• [WHAT IS NEEDED]:
Check each line of the entries below for the string "antt"; copy every line where it appears.

━━━ RECORDS

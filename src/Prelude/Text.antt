-- ===== src/Prelude/Text.antt =====
-- `fmt.Sprintf` with `%s`, `%d` and `%x`: texts joined, decimal numbers and hexadecimal bytes.
use Prim.Native.Nat.{ℕ, zero, suc, ◌/◌, ◌%◌}
use Prim.Native.String
use Prim.Native.String.{String}
use mathlib.Core.List.{List, [], ◌∷◌}
use mathlib.Core.Path.{◌≡◌, refl, sym, ◌∙◌}
use mathlib.Core.Logic.{inl, inr}
use mathlib.Core.Bool.{false, false≢true}
use text.Mathlib.Text.{◌==◌ as str_eq}
use text.Mathlib.TextEquality.{eq_iff}
use text.Mathlib.TextLemmas.{append-eq-nil_iff}
use agent_dock_coedx5_6sol.Prelude.Tests.{ltb, if◌then◌else◌, Bool-cases}
use agent_dock_coedx5_6sol.Prelude.Lists.{get_or}

unfoldable pub concat : List String → String
concat [] = ""
concat (s ∷ ss) = String.◌++◌ s (concat ss)

digits : List String
digits =
    "0" ∷ "1" ∷ "2" ∷ "3" ∷ "4" ∷ "5" ∷ "6" ∷ "7" ∷ "8" ∷ "9" ∷ "a" ∷ "b" ∷ "c" ∷ "d" ∷ "e" ∷ "f"
    ∷ []

digit : ℕ → String
unfolding digits
digit n = get_or digits n "f"

-- The number of rounds is at most the number itself.
itoa_from : ℕ → ℕ → String → String
itoa_from zero n acc = acc
itoa_from (suc rounds) n acc =
    let longer = String.◌++◌ (digit (n % 10)) acc in
    let rest = itoa_from rounds (n / 10) longer in if ltb n 10 then longer else rest

-- `%d`
unfoldable pub itoa : ℕ → String
unfolding itoa_from digit
itoa n = itoa_from (suc n) n ""

-- `%x` of a byte slice
unfoldable pub hex : List ℕ → String
unfolding digit
hex [] = ""
hex (b ∷ bs) = String.◌++◌ (digit (b / 16)) (String.◌++◌ (digit (b % 16)) (hex bs))

AllNamed : List String → Type 0
AllNamed [] = Unit
AllNamed (x ∷ xs) = (str_eq x "" ≡ false) × AllNamed xs

get_or-named : (xs : List String) (n : ℕ) → AllNamed xs → str_eq (get_or xs n "f") "" ≡ false
unfolding AllNamed
get_or-named [] n h = refl
get_or-named (x ∷ xs) zero h = h.0
get_or-named (x ∷ xs) (suc n) h = get_or-named xs n h.1

digit-named : (n : ℕ) → str_eq (digit n) "" ≡ false
unfolding digit AllNamed
digit-named n = get_or-named digits n (
  refl,
  (
    refl,
    (
      refl,
      (
        refl,
        (
          refl,
          (
            refl,
            (refl, (refl, (refl, (refl, (refl, (refl, (refl, (refl, (refl, (refl, tt)))))))))),
          ),
        ),
      ),
    ),
  ),
)

append-named : (s t : String) → str_eq s "" ≡ false → str_eq (String.◌++◌ s t) "" ≡ false
append-named s t h = elim (Bool-cases (str_eq (String.◌++◌ s t) "")) [
  | inl empty ↦ absurd (
      false≢true
        (sym h ∙ (eq_iff s "").1 (append-eq-nil_iff.0 ((eq_iff (String.◌++◌ s t) "").0 empty)).0))
  | inr named ↦ named
]

-- The hexadecimal text of a non-empty slice is not empty.
pub hex-named : (b : ℕ) (bs : List ℕ) → str_eq (hex (b ∷ bs)) "" ≡ false
unfolding hex
hex-named b bs = append-named (digit (b / 16)) _ (digit-named (b / 16))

━━━━━━

• [TASK RESPONSE]:
filename src/Prelude/Text.antt
-- ===== src/Prelude/Text.antt =====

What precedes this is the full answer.